:: EXERCISE MATERIAL
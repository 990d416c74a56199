-- ===== src/Routing/Conventions.antt =====
-- Which configurations of topics and queues are accepted.
use shared_ts_libs.Base.{
  ◌↔◌, ℕ, Bool, true, false, ◌≡◌, ◌≤◌, refl, arith, ltb, ◌==◌, ◌||◌, ◌∙◌, List, [], ◌∷◌, ◌++◌,
  Option, none, some, Text, starts_with, length, drop, All, Bool-cases, inl, inr, ◌⊎◌,
  if◌then◌else◌,
}
use shared_ts_libs.Routing.Regex.{Regex, test}
use shared_ts_libs.Routing.Names.{
  QueueConfig, TopicConfig, RoutingError, queue_too_long, topic_too_long, queue_without_project,
  topic_without_project, invalid_queue, invalid_topic, topic_name_regex, queue_name_regex,
  check_name, validate_queue, or_next, validate_queue_config, validate_topic,
  validate_topics_config, Removal,
}
use shared_ts_libs.Routing.Grammar.{
  IsWords, IsGroups, IsSuffix, topic_name_regex_iff, queue_name_regex_iff,
}

-- One of ^ $ . * + ? ( ) [ ] { } | and the backslash.
abbrev pub is_syntax_character : ℕ → Bool
is_syntax_character c =
    c == 94
    || c == 36
    || c == 92
    || c == 46
    || c == 42
    || c == 43
    || c == 63
    || c == 40
    || c == 41
    || c == 91
    || c == 93
    || c == 123
    || c == 125
    || c == 124

-- As a pattern, the project stands for itself.
abbrev pub IsPlain : Text → Type 0
IsPlain project = All (λ c. is_syntax_character c ≡ false) project

-- The runtime removes a plain project from the start of a name.
abbrev pub RemovesPlain : Removal → Type 0
RemovesPlain remove = (project s : Text) → IsPlain project → remove project (project ++ s) ≡ some s

-- The project, and then a text of the kind.
abbrev pub IsNamed : Text → (Text → Type 0) → Text → Type 0
IsNamed project P name = (s : Text) × (name ≡ project ++ s) × IsSuffix P s

abbrev pub IsQueue : Text → QueueConfig → Type 0
IsQueue project q =
    (length q.queue_name ≤ 64)
    × ((q.is_external ≡ true) ⊎ IsNamed project (IsGroups 3) q.queue_name)

abbrev pub IsTopic : Text → TopicConfig → Type 0
IsTopic project t =
    (length t.topic_name ≤ 246)
    × ((t.is_external ≡ true) ⊎ IsNamed project IsWords t.topic_name)
    × All (IsQueue project) t.queues

pub starts_with-append : (p s : Text) → starts_with p (p ++ s) ≡ true
starts_with-append [] s = refl
starts_with-append (c ∷ p) s = ground (arith, starts_with-append p s)

pub drop-append : (p s : Text) → drop (length p) (p ++ s) ≡ s
drop-append [] s = refl
drop-append (c ∷ p) s = drop-append p s

starts_with-drop : (p name : Text) → starts_with p name ≡ true → name ≡ p ++ drop (length p) name
starts_with-drop [] name h = refl
starts_with-drop (c ∷ p) [] h = absurd (ground arith)
starts_with-drop (c ∷ p) (d ∷ name) h = ground (arith, h, starts_with-drop p name)

module _ (remove : Removal) (lawful : RemovesPlain remove) (pattern : Regex)
    (without invalid : Text → RoutingError) (P : Text → Type 0)
    (grammar : (t : Text) → (test pattern t ≡ true) ↔ IsSuffix P t) (project name : Text)
    (plain : IsPlain project) where
  removed_suffix :
      starts_with project name ≡ true → remove project name ≡ some (drop (length project) name)
  removed_suffix s =
      let whole = starts_with-drop project name s in
      (λ i. remove project (whole i)) ∙ lawful project (drop (length project) name) plain

  check_name-IsNamed :
      check_name remove pattern without invalid project name ≡ none → IsNamed project P name
  unfolding check_name
  check_name-IsNamed h = elim (Bool-cases (starts_with project name)) [
    | inl s ↦ elim (Bool-cases (test pattern (drop (length project) name))) [
      | inl fits ↦ (drop (length project) name, starts_with-drop project name s, (grammar _).0 fits)
      | inr other ↦ absurd (ground (arith, s, other, removed_suffix s, h))
    ]
    | inr s ↦ absurd (ground (arith, s, h))
  ]

  IsNamed-check_name :
      IsNamed project P name → check_name remove pattern without invalid project name ≡ none
  unfolding check_name
  IsNamed-check_name (s, e, fits) =
      rw (e, check_name)
        (rw (starts_with-append project s, lawful project s plain, (grammar s).1 fits) refl)

limited_iff :
    (most n : ℕ) (e : RoutingError) (c : Option RoutingError)
    → ((if ltb most n then some e else c) ≡ none) ↔ ((n ≤ most) × (c ≡ none))
limited_iff most n e c = (λ h. ground (arith, h), λ (h, k). ground (arith, h, k))

unless_iff :
    (b : Bool) (c : Option RoutingError)
    → ((if b then none else c) ≡ none) ↔ ((b ≡ true) ⊎ (c ≡ none))
unless_iff true c = (λ _. inl refl, λ _. refl)
unless_iff false c = (λ h. inr h, λ h. elim h [ inl e ↦ absurd (ground (arith, e)) | inr k ↦ k ])

or_next_iff : (a b : Option RoutingError) → (or_next a b ≡ none) ↔ ((a ≡ none) × (b ≡ none))
or_next_iff none b = (λ h. (refl, h), λ h. h.1)
or_next_iff (some e) b = (λ h. absurd (ground (arith, h)), λ h. absurd (ground (arith, h.0)))

map_right : {A B C : Type 0} → (B → C) → A ⊎ B → A ⊎ C
map_right f (inl a) = inl a
map_right f (inr b) = inr (f b)

module _ (remove : Removal) (lawful : RemovesPlain remove) (project : Text)
    (plain : IsPlain project) where
  validate_queue_iff :
      (q : QueueConfig) → (validate_queue remove project q ≡ none) ↔ IsQueue project q
  unfolding validate_queue
  validate_queue_iff q =
      let check =
        check_name remove queue_name_regex queue_without_project invalid_queue project
          q.queue_name in
      let (from, to) =
        limited_iff 64 (length q.queue_name) (queue_too_long q.queue_name)
          (if q.is_external then none else check) in
      let (open_, close) = unless_iff q.is_external check in
      (
        λ h. (
          (from h).0,
          map_right
              (check_name-IsNamed remove lawful queue_name_regex queue_without_project invalid_queue
                (IsGroups 3) queue_name_regex_iff project q.queue_name plain)
              (open_ (from h).1),
        ),
        λ (short, named). to (
          short,
          close (
              map_right
                (IsNamed-check_name remove lawful queue_name_regex queue_without_project
                  invalid_queue (IsGroups 3) queue_name_regex_iff project q.queue_name plain)
                named),
        ),
      )

  -- For a project without syntax characters of patterns, queues are accepted exactly when each has a name of at most 64 code units and is external or named
  -- by the convention: the project, a hyphen or an underscore, and at most three groups of words.
  pub validate_queue_config_iff :
      (qs : List QueueConfig)
      → (validate_queue_config remove project qs ≡ none) ↔ All (IsQueue project) qs
  unfolding validate_queue_config
  validate_queue_config_iff [] = (λ _. tt, λ _. refl)
  validate_queue_config_iff (q ∷ qs) =
      let (from, to) =
        or_next_iff (validate_queue remove project q) (validate_queue_config remove project qs) in
      let (a, b) = validate_queue_iff q in
      let (c, d) = validate_queue_config_iff qs in
      (λ h. (a (from h).0, c (from h).1), λ (x, y). to (b x, d y))

  validate_topic_iff :
      (t : TopicConfig) → (validate_topic remove project t ≡ none) ↔ IsTopic project t
  unfolding validate_topic
  validate_topic_iff t =
      let check =
        check_name remove topic_name_regex topic_without_project invalid_topic project
          t.topic_name in
      let named = if t.is_external then none else check in
      let rest = validate_queue_config remove project t.queues in
      let (from, to) =
        limited_iff 246 (length t.topic_name) (topic_too_long t.topic_name) (or_next named rest) in
      let (split, join) = or_next_iff named rest in
      let (open_, close) = unless_iff t.is_external check in
      let (a, b) = validate_queue_config_iff t.queues in
      (
        λ h.
            let (short, both) = from h in
            let (x, y) = split both in
            (
              short,
              map_right
                  (check_name-IsNamed remove lawful topic_name_regex topic_without_project
                    invalid_topic IsWords topic_name_regex_iff project t.topic_name plain)
                  (open_ x),
              a y,
            ),
        λ (short, x, y). to (
          short,
          join (
            close (
                map_right
                  (IsNamed-check_name remove lawful topic_name_regex topic_without_project
                    invalid_topic IsWords topic_name_regex_iff project t.topic_name plain)
                  x),
            b y,
          ),
        ),
      )

  pub validate_topics_config_iff :
      (ts : List TopicConfig)
      → (validate_topics_config remove project ts ≡ none) ↔ All (IsTopic project) ts
  unfolding validate_topics_config
  validate_topics_config_iff [] = (λ _. tt, λ _. refl)
  validate_topics_config_iff (t ∷ ts) =
      let (from, to) =
        or_next_iff (validate_topic remove project t) (validate_topics_config remove project ts) in
      let (a, b) = validate_topic_iff t in
      let (c, d) = validate_topics_config_iff ts in
      (λ h. (a (from h).0, c (from h).1), λ (x, y). to (b x, d y))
::::
TASK:
Which of the lines above hold the word "IsGroups"? Copy each one.

YOUR SOLUTION:
  IsWords, IsGroups, IsSuffix, topic_name_regex_iff, queue_name_regex_iff,
    × ((q.is_external ≡ true) ⊎ IsNamed project (IsGroups 3) q.queue_name)
                (IsGroups 3) queue_name_regex_iff project q.queue_name plain)
                  invalid_queue (IsGroups 3) queue_name_regex_iff project q.queue_name plain)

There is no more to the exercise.